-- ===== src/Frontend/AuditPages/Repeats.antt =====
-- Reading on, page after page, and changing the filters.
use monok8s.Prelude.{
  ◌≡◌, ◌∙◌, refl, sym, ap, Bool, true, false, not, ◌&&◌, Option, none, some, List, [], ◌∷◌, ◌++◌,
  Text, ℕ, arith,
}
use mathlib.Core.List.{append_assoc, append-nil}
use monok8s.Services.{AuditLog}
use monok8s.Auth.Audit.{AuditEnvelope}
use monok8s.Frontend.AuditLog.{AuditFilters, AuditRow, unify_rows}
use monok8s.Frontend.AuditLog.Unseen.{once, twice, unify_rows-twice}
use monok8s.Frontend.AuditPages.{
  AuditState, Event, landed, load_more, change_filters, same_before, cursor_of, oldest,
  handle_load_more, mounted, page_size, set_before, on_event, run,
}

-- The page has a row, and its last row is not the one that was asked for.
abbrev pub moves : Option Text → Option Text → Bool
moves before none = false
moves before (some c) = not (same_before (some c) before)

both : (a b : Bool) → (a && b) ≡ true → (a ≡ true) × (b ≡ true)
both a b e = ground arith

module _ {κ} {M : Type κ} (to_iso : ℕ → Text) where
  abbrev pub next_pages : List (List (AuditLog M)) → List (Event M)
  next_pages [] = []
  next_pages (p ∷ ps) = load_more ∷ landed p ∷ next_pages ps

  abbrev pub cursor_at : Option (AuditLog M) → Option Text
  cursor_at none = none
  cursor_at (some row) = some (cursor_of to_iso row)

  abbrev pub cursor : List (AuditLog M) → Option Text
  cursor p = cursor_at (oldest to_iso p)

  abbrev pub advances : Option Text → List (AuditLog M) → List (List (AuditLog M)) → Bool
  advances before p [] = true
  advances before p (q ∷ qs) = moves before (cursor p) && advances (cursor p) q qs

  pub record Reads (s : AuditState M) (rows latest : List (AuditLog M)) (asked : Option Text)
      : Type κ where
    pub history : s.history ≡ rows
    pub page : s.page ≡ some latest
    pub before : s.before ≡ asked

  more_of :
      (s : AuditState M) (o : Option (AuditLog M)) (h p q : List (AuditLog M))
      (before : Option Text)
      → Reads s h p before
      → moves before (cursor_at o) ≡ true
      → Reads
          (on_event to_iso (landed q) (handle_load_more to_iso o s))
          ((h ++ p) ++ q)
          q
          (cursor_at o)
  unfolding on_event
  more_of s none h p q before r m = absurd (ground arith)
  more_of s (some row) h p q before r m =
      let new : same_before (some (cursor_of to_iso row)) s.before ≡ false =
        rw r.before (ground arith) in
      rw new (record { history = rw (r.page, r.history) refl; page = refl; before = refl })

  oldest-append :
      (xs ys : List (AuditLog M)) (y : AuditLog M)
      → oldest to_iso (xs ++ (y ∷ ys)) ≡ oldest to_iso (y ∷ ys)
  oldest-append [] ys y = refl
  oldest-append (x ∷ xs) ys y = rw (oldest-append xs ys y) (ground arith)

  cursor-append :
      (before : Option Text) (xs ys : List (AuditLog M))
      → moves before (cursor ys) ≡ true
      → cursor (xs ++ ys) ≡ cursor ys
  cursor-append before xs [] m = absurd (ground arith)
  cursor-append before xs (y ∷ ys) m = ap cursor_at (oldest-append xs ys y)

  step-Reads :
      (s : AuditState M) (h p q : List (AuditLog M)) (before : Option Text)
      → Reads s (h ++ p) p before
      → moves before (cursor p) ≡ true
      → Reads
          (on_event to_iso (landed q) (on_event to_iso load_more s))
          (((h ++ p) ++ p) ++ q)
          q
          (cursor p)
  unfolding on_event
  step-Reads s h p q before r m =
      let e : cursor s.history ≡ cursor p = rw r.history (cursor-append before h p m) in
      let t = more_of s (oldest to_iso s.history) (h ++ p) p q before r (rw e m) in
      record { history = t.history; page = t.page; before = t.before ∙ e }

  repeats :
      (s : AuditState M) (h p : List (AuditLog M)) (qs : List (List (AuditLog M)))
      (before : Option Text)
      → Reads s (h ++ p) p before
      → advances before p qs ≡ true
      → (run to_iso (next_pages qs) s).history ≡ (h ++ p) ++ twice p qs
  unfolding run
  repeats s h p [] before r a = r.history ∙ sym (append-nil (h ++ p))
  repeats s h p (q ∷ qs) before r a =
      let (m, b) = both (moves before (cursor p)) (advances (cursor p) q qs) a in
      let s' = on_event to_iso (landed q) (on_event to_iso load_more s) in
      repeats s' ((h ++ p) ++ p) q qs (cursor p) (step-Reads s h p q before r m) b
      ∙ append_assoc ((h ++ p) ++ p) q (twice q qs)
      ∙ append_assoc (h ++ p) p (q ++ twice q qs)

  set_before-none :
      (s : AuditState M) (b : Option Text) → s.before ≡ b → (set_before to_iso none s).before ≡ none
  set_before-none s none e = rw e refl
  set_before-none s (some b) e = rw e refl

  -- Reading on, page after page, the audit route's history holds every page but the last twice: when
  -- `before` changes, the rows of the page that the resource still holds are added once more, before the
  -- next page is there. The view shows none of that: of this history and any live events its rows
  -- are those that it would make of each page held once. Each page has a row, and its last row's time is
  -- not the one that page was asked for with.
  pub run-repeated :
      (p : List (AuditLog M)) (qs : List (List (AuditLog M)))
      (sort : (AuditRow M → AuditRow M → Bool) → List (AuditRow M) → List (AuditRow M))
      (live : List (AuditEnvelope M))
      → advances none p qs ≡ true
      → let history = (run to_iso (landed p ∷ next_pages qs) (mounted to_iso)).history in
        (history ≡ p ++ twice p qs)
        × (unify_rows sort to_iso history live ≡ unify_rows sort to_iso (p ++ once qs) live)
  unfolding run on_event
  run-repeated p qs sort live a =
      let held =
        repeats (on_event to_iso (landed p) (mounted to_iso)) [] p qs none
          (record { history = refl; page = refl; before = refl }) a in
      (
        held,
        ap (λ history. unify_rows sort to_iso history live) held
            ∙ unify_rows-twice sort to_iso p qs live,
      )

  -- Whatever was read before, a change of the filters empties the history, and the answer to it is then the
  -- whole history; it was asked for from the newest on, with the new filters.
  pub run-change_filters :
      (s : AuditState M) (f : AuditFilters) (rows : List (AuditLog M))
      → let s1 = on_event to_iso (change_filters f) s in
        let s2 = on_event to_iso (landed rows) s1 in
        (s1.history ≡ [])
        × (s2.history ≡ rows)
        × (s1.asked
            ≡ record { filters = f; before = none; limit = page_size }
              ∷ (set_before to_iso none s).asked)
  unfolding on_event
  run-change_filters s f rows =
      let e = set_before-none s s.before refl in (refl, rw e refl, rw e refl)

____

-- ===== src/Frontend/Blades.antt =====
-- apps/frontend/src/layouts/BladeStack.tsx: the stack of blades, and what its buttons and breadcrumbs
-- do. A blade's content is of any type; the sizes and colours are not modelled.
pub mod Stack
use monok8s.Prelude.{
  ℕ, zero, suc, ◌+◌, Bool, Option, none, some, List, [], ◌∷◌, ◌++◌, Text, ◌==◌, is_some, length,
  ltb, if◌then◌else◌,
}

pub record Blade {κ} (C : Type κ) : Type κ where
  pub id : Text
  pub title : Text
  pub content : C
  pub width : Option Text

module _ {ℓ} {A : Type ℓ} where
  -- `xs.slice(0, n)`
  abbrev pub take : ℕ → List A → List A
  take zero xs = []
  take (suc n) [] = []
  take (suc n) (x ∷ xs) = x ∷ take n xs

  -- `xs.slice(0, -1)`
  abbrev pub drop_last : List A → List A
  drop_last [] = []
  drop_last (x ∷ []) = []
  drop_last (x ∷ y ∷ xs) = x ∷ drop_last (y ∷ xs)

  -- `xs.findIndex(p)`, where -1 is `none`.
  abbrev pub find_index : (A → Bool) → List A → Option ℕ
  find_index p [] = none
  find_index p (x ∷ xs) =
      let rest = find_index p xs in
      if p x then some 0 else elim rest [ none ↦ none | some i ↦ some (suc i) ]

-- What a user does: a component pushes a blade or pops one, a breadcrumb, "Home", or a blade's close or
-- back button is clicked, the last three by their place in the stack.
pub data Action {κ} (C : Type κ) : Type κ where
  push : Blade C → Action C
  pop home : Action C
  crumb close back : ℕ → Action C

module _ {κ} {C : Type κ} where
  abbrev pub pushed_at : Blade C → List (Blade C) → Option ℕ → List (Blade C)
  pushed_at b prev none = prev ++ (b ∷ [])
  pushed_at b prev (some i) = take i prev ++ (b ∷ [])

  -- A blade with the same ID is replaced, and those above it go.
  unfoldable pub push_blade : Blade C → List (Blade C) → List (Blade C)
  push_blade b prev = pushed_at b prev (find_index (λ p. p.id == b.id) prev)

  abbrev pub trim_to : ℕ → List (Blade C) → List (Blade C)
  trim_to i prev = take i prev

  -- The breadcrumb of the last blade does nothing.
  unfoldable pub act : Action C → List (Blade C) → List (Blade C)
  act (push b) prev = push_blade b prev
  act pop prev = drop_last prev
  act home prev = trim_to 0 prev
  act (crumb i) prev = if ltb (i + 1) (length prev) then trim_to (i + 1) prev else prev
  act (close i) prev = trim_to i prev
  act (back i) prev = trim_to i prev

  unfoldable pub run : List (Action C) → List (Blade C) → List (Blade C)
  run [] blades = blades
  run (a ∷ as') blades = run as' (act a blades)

____

### YOUR TASK
Filter the listing above down to the lines that contain the word "moves".

### SOLUTION TO THIS TASK
abbrev pub moves : Option Text → Option Text → Bool
moves before none = false
moves before (some c) = not (same_before (some c) before)
  advances before p (q ∷ qs) = moves before (cursor p) && advances (cursor p) q qs
      → moves before (cursor_at o) ≡ true
      → moves before (cursor ys) ≡ true
      → moves before (cursor p) ≡ true
      let (m, b) = both (moves before (cursor p)) (advances (cursor p) q qs) a in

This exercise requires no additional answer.